Я терпеливо отвечал, не упуская ни одной детали.
Наконец королю вздумалось обратиться к нашим финансам – его величеству показалось, что в этой области он сможет извлечь для себя некоторую пользу. Для начала, сверившись со своими записями, он заметил, что я, вероятно, ошибся, приводя цифры нашего бюджета. Не может быть такого, чтобы расходы государства вдвое или втрое превышали доходы. Я сказал, что ошибки нет и записанные его величеством цифры верны. Король удивился: откуда же тогда берутся средства для уплаты государственных долгов? «И зачем вам такие дорогостоящие военные кампании? – не без ехидства поинтересовался у меня его величество и добавил: – Ваши генералы, наверное, богаче королей, а вы сами – народ вздорный и драчливый. Причем и соседи ваши ничуть не лучше».
Он спросил, какие интересы могут быть у нас за пределами наших двух островов, кроме торговли и защиты границ? И особенно поразило короля то, что нашему народу даже в мирное время необходима регулярная наемная армия. «Ведь при таком государственном устройстве вам нечего бояться и не с кем воевать, – недоумевал он. – Разве хозяин дома не защитит его от злодеев лучше, чем полдюжины случайных людей, нанятых на улице?»

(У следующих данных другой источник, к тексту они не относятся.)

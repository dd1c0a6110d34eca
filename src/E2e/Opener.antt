-- ===== src/E2e/Opener.antt =====
-- client/e2erelay.go: e2eOpener, which opens the sealed frames of every sender and keeps one replay
-- window for each key. A key of the table is the number of its 68 bytes; times are nanoseconds, and
-- order is kept by unsigned arithmetic, `now.Sub(t) > d` being `t + d < now`.
-- X25519, the key derivation and the AEAD are parameters (`E2eCrypto`); the answer of the
-- floating-point rate limiter and of the post-quantum lookup are part of a call.
use apgo.Prelude.{
  ℕ, ◌+◌, ◌*◌, Bool, true, false, not, ◌||◌, List, [], ◌∷◌, ◌++◌, Option, none, some, ◌⊎◌, inl, inr,
  ltb, leb, ◌==◌, if◌then◌else◌, get_or, set, take, drop, length, replicate,
}
use apgo.Prelude.Maps.{Assoc, Key, lookup, insert, retain}
use apgo.Prelude.Text.{Text, text_eq, text_key, be_value}
use apgo.E2e.{E2eWindow, window_ok, window_mark, no_window}

-- Nanoseconds.
abbrev pub second : ℕ
second = 1000000000

abbrev pub e2e_header_len : ℕ
e2e_header_len = 90

-- With the sixteen bytes of the tag.
abbrev pub e2e_overhead : ℕ
e2e_overhead = e2e_header_len + 16

abbrev pub e2e_version : ℕ
e2e_version = 1

abbrev pub e2e_rotate : ℕ
e2e_rotate = 120 * second

abbrev pub e2e_max_skew : ℕ
e2e_max_skew = 900 * second

abbrev pub e2e_recv_keep : ℕ
e2e_recv_keep = 2 * e2e_max_skew + e2e_rotate + 300 * second

abbrev pub e2e_max_recv_keys : ℕ
e2e_max_recv_keys = 8192

pub data E2eError : Type 0 where
  short : E2eError
  version : E2eError
  stale : E2eError
  limit : E2eError
  auth : E2eError
  replay : E2eError
  no_pq : E2eError
  derivation : E2eError

pub record E2eHeader : Type 0 where
  pub hop : ℕ
  pub dst : Text
  pub src : Text
  pub sender : Text
  pub eph : Text
  pub ts : ℕ
  pub ctr : ℕ
  pub pqid : Text

abbrev pub zero_header : E2eHeader
zero_header = record {
  hop = 0;
  dst = replicate 4 0;
  src = replicate 4 0;
  sender = replicate 32 0;
  eph = replicate 32 0;
  ts = 0;
  ctr = 0;
  pqid = replicate 4 0;
}

abbrev pub slice : ℕ → ℕ → Text → Text
slice from n body = take n (drop from body)

unfoldable pub parse_e2e : Text → E2eError ⊎ (E2eHeader × Text)
parse_e2e body =
    if ltb (length body) e2e_overhead
    then inl short
    else if not (get_or body 0 0 == e2e_version)
    then inl version
    else inr (
      record {
        hop = get_or body 1 0;
        dst = slice 2 4 body;
        src = slice 6 4 body;
        sender = slice 10 32 body;
        eph = slice 42 32 body;
        ts = be_value (slice 74 4 body) 0;
        ctr = be_value (slice 78 8 body) 0;
        pqid = slice 86 4 body;
      },
      drop e2e_header_len body,
    )

-- `e2eAD`: the header with its hop counter cleared.
unfoldable pub e2e_ad : Text → Text
e2e_ad hdr = set (take e2e_header_len hdr) 1 0

unfoldable pub has_pq : E2eHeader → Bool
has_pq h = not (text_eq h.pqid (replicate 4 0))

unfoldable pub recv_key : E2eHeader → Key
recv_key h = text_key (h.sender ++ h.eph ++ h.pqid)

pub record E2eCrypto (A : Type 0) : Type 0 where
  pub self_pub : Text
  -- X25519 with the own private key; `none` for a key of low order.
  pub dh : Text → Option Text
  -- `e2eDeriveAEAD` on the two secrets, the post-quantum secret, and the sender's three fields.
  pub derive : Text → Text → Option Text → Text → Text → Text → Option A
  -- Open at a counter, with the authenticated header and the ciphertext.
  pub open_aead : A → ℕ → Text → Text → Option Text

pub record RecvState (A : Type 0) : Type 0 where
  pub aead : A
  pub ts : ℕ
  pub win : E2eWindow

pub record Opener (A : Type 0) : Type 0 where
  pub m : Assoc (RecvState A)

abbrev pub new_opener : {A : Type 0} → Opener A
new_opener = record { m = [] }

-- One call of `open`.
pub record E2eCall : Type 0 where
  pub body : Text
  pub now : ℕ
  pub has_budget : Bool
  pub pq_lookup : Text → Text → Option Text

pub data Opened : Type 0 where
  opened : E2eHeader → Text → Opened
  refused : E2eHeader → E2eError → Opened

abbrev pub is_opened : Opened → Bool
is_opened (opened h pt) = true
is_opened (refused h e) = false

-- One step of a receiver: a frame, or the periodic prune.
pub data E2eStep : Type 0 where
  arrives : E2eCall → E2eStep
  prunes : ℕ → E2eStep

abbrev pub time : E2eStep → ℕ
time (arrives c) = c.now
time (prunes now) = now

unfoldable pub is_stale : ℕ → ℕ → Bool
is_stale now ts = ltb (ts + e2e_max_skew) now || ltb (now + e2e_max_skew) ts

-- `prune`, also run by `open` when the table is full.
unfoldable pub prune : {A : Type 0} → ℕ → Opener A → Opener A
prune now o = record { m = retain (λ k v. not (ltb (v.ts + e2e_recv_keep) now)) o.m }

-- The room that `open` makes when the table is full.
unfoldable pub make_room : {A : Type 0} → ℕ → Opener A → Opener A
make_room now o = if leb e2e_max_recv_keys (length o.m) then prune now o else o

-- The second critical section of `open`: the packet authenticated under a fresh state.
unfoldable pub store_new :
    {A : Type 0} → ℕ → E2eHeader → RecvState A → Text → Opener A → Opener A × Opened
store_new now h fresh pt o =
    let room = make_room now o in
    if leb e2e_max_recv_keys (length room.m)
    then (room, refused h limit)
    else (record { m = insert (recv_key h) fresh room.m }, opened h pt)

unfoldable pub store :
    {A : Type 0} → ℕ → E2eHeader → RecvState A → Text → Opener A → Opener A × Opened
store now h fresh pt o = elim (lookup (recv_key h) o.m) [
  | some cur ↦
      if window_ok cur.win h.ctr
      then (
        record { m = insert (recv_key h) (record cur { win = window_mark cur.win h.ctr }) o.m },
        opened h pt,
      )
      else (o, refused h replay)
  | none ↦ store_new now h fresh pt o
]

module _ {A : Type 0} (x : E2eCrypto A) where
  unfoldable pub open_locked : RecvState A → Text → Text → E2eHeader → RecvState A × Opened
  open_locked st body ct h =
      if not (window_ok st.win h.ctr)
      then (st, refused h replay)
      else elim (x.open_aead st.aead h.ctr (e2e_ad body) ct) [
        | none ↦ (st, refused h auth)
        | some pt ↦ (record st { win = window_mark st.win h.ctr }, opened h pt)
      ]

  unfoldable pub derive_dh : E2eHeader → Option Text → E2eError ⊎ A
  derive_dh h pqss = elim (x.dh h.eph) [
    | none ↦ inl auth
    | some dh1 ↦ elim (x.dh h.sender) [
      | none ↦ inl auth
      | some dh2 ↦ elim (x.derive dh1 dh2 pqss h.sender h.eph h.pqid) [
        | none ↦ inl derivation
        | some aead ↦ inr aead
      ]
    ]
  ]

  -- The path from the post-quantum lookup to the derived key.
  unfoldable pub derive_key : E2eCall → E2eHeader → E2eError ⊎ A
  derive_key c h =
      let limited = λ (pqss : Option Text). if c.has_budget then derive_dh h pqss else inl limit in
      if has_pq h
      then elim (c.pq_lookup h.sender h.pqid) [ none ↦ inl no_pq | some ss ↦ limited (some ss) ]
      else limited none

  -- After the packet was tried on a fresh state.
  unfoldable pub store_opened : ℕ → E2eHeader → Opener A → RecvState A → Opened → Opener A × Opened
  store_opened now h o st (opened g pt) = store now h st pt o
  store_opened now h o st (refused g e) = (o, refused h e)

  abbrev pub fresh_state : A → E2eHeader → RecvState A
  fresh_state aead h = record { aead = aead; ts = h.ts * second; win = no_window }

  unfoldable pub open_derived :
      E2eCall → E2eHeader → Text → Opener A → E2eError ⊎ A → Opener A × Opened
  open_derived c h ct o (inl e) = (o, refused h e)
  open_derived c h ct o (inr aead) =
      let r = open_locked (fresh_state aead h) c.body ct h in store_opened c.now h o r.0 r.1

  -- The packet's key is in the table, or not.
  unfoldable pub open_at :
      E2eCall → E2eHeader → Text → Opener A → Option (RecvState A) → Opener A × Opened
  open_at c h ct o none = open_derived c h ct o (derive_key c h)
  open_at c h ct o (some st) =
      let r = open_locked st c.body ct h in (record { m = insert (recv_key h) r.0 o.m }, r.1)

  -- A frame whose header was read.
  unfoldable pub open_parsed : E2eCall → E2eHeader → Text → Opener A → Opener A × Opened
  open_parsed c h ct o =
      if text_eq h.sender x.self_pub
      then (o, refused h auth)
      else if is_stale c.now (h.ts * second)
      then (o, refused h stale)
      else open_at c h ct o (lookup (recv_key h) o.m)

  unfoldable pub open_read : E2eCall → Opener A → E2eError ⊎ (E2eHeader × Text) → Opener A × Opened
  open_read c o (inl e) = (o, refused zero_header e)
  open_read c o (inr (h, ct)) = open_parsed c h ct o

  abbrev pub open_e2e : E2eCall → Opener A → Opener A × Opened
  open_e2e c o = open_read c o (parse_e2e c.body)

  unfoldable pub step : Opener A → E2eStep → Opener A
  step o (arrives c) = (open_e2e c o).0
  step o (prunes now) = prune now o

  unfoldable pub run : Opener A → List E2eStep → Opener A
  run o [] = o
  run o (s ∷ ss) = run (step o s) ss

Короля поразило также то, что среди развлечений нашего дворянства и знати я назвал азартные игры. Он захотел знать о возрасте, с которого допускается это занятие, поинтересовался, теряют ли игроки свои состояния, влияет ли эта пагубная страсть на окружающих и существуют ли мошенники, сделавшие игру профессией?
Но мой краткий очерк истории Англии окончательно возмутил его величество. «Ваша столетняя история, – воскликнул он, – не что иное, как бесконечная цепь заговоров, смут, убийств, революций, казней и ссылок! И порождено это жадностью, лицемерием, вероломством, жестокостью, ненавистью, завистью, развратом и честолюбием. Только и всего».
Затем король взял меня на руки и, с состраданием глядя мне в глаза, ласково проговорил: «Мой маленький друг Грильдриг! Вы, безусловно, были искренни, произнося похвалу своему отечеству. Однако она безмерно удивила меня. Вы только что абсолютно ясно доказали, что невежество, лень и пороки являются неотъемлемой частью вашей законодательной системы. Что законы толкуются и применяются на практике теми, кто заинтересован в их нарушении. Кое-что можно было бы признать разумным и целесообразным, но оно буквально тонет в море лжи. Я прихожу к выводу, что высокое положение в вашем обществе не требует никаких особых талантов, достоинств и нравственных качеств. Никто не стремится к совершенствованию. Священники не отличаются благочестием, военные – храбростью и благородством, судьи – уважением к истине и закону, а государственные мужи – мудростью и любовью к отчизне. Что касается вас, – продолжал король, – то вам повезло. Вы провели бóльшую часть своей жизни в трудах и путешествиях. И лишь поэтому вам удалось избежать влияния всего дурного, что происходит на вашей родине. Однако факты убеждают меня в том, что подавляющее большинство ваших соплеменников принадлежит, как это ни прискорбно, к породе самых несовершенных и зловредных тварей, какие когда-либо существовали на этой земле».